Work instruction:
Every line of the data below that holds the string "done" needs to be reported.

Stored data
────
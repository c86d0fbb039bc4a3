-- ===== src/Graphql/Fragments/Closure.antt =====
-- The collection of fragments in packages/web/graphql-client/src/fragments.ts against the fragments
-- that a query reaches, one round of the loop after another.
use mathlib.Core.Path.{subst}
use predictor_common.Prelude.Text.{Text, text_eq, text_eq_iff, has}
use predictor_common.Prelude.Dict.{get, text_key}
use predictor_common.Prelude.{
  ◌≡◌, refl, ◌⊎◌, ◌↔◌, inl, inr, true, Option, some, List, [], ◌∷◌, Bool-cases, arith,
}
use predictor_common.Graphql.Fragments.{spread_names, Collection, visit_names}
use predictor_common.Graphql.Fragments.Visits.{
  Reached, spread, nested, Found, Resolved, Grows-visit_names, visit_names-get, visit_names-Found,
}

module _ (lookup : Text → Option Text) where
  abbrev pub IsSource : Text → List (Text × Text) → Text → Type 0
  IsSource query collected document =
      (document ≡ query) ⊎ ((name : Text) × (get collected name ≡ some document))

  -- Between two rounds.
  abbrev pub Collects : Text → List (Text × Text) → List Text → Type 0
  Collects query collected pending =
      Found lookup query collected
      × ((document : Text) → has pending document ≡ true → IsSource query collected document)
      × ((document : Text)
          → IsSource query collected document
          → (has pending document ≡ true) ⊎ Resolved lookup collected document)

  source-Reached :
      (query document : Text) (collected : List (Text × Text))
      → Found lookup query collected
      → IsSource query collected document
      → (name : Text) → has (spread_names document) name ≡ true
      → Reached lookup query name
  source-Reached query document collected f (inl is) n h =
      spread n (subst (λ x. has (spread_names x) n ≡ true) is h)
  source-Reached query document collected f (inr (m, g)) n h =
      nested m document n (f m document g).1 (f m document g).0 h

  -- The collection after a round.
  abbrev pub after : Text → List (Text × Text) → List Text → Collection
  after document collected pending =
      visit_names lookup (spread_names document)
        (record { collected = collected; pending = pending })

  pub Collects-after :
      (query document : Text) (collected : List (Text × Text)) (pending : List Text)
      → Collects query collected (document ∷ pending)
      → Collects query
          (after document collected pending).collected
          (after document collected pending).pending
  Collects-after query document collected pending (f, p, s) =
      let c : Collection = record { collected = collected; pending = pending } in
      let names = spread_names document in
      let r : (name : Text) → has names name ≡ true → Reached lookup query name =
        source-Reached query document collected f
          (p document (ground (arith, text_eq_iff document document))) in
      let g = Grows-visit_names lookup names c in
      let done : Resolved lookup (after document collected pending).collected document =
        visit_names-get lookup query names c r f in
      let settled : (d : Text)
          → IsSource query collected d
          → (has (after document collected pending).pending d ≡ true)
            ⊎ Resolved lookup (after document collected pending).collected d =
        λ d source. elim (s d source) [
          | inr resolved ↦ inr (λ n e h l. g.0 n e (resolved n e h l))
          | inl queued ↦ elim (Bool-cases (text_eq document d)) [
            | inl is ↦ inr (
                subst (λ x. Resolved lookup (after document collected pending).collected x)
                  ((text_eq_iff document d).0 is) done)
            | inr other ↦ inl (g.1 d (ground arith))
          ]
        ] in
      (
        visit_names-Found lookup query names c r f,
        λ d h. elim (g.3 d h) [
          | inr found ↦ inr found
          | inl old ↦ elim (p d (ground arith)) [
            | inl is ↦ inl is
            | inr (m, e) ↦ inr (m, g.0 m d e)
          ]
        ],
        λ d source. elim source [
          | inl is ↦ settled d (inl is)
          | inr (m, e) ↦ elim (g.2 m d e) [
            | inr queued ↦ inl queued
            | inl old ↦ settled d (inr (m, old))
          ]
        ],
      )

  pub Collects-start : (query : Text) → Collects query [] (query ∷ [])
  Collects-start query = (
    λ n e h. grind arith,
    λ d h. inl (ground (arith, text_eq_iff query d)),
    λ d source. elim source [
      | inl is ↦ inl (ground (arith, text_eq_iff query d))
      | inr (m, e) ↦ grind arith
    ],
  )

  -- Once nothing is pending, the collected definitions are those of the names that the query reaches.
  Collects-get :
      (query : Text) (collected : List (Text × Text))
      → Collects query collected []
      → (name definition : Text) → Reached lookup query name
      → lookup name ≡ some definition
      → get collected name ≡ some definition
  Collects-get query collected (f, p, s) _ e (spread n h) l = elim (s query (inl refl)) [
    | inl queued ↦ ground arith
    | inr resolved ↦ resolved n e h l
  ]
  Collects-get query collected (f, p, s) _ e (nested m d n r found h) l =
      elim (s d (inr (m, Collects-get query collected (f, p, s) m d r found))) [
        | inl queued ↦ ground arith
        | inr resolved ↦ resolved n e h l
      ]

  pub Collects-iff :
      (query : Text) (collected : List (Text × Text))
      → Collects query collected []
      → (name definition : Text)
      → (get collected name ≡ some definition)
        ↔ ((lookup name ≡ some definition) × Reached lookup query name)
  Collects-iff query collected c n e = (c.0 n e, λ h. Collects-get query collected c n e h.1 h.0)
────
Result below:
      let done : Resolved lookup (after document collected pending).collected document =
                  ((text_eq_iff document d).0 is) done)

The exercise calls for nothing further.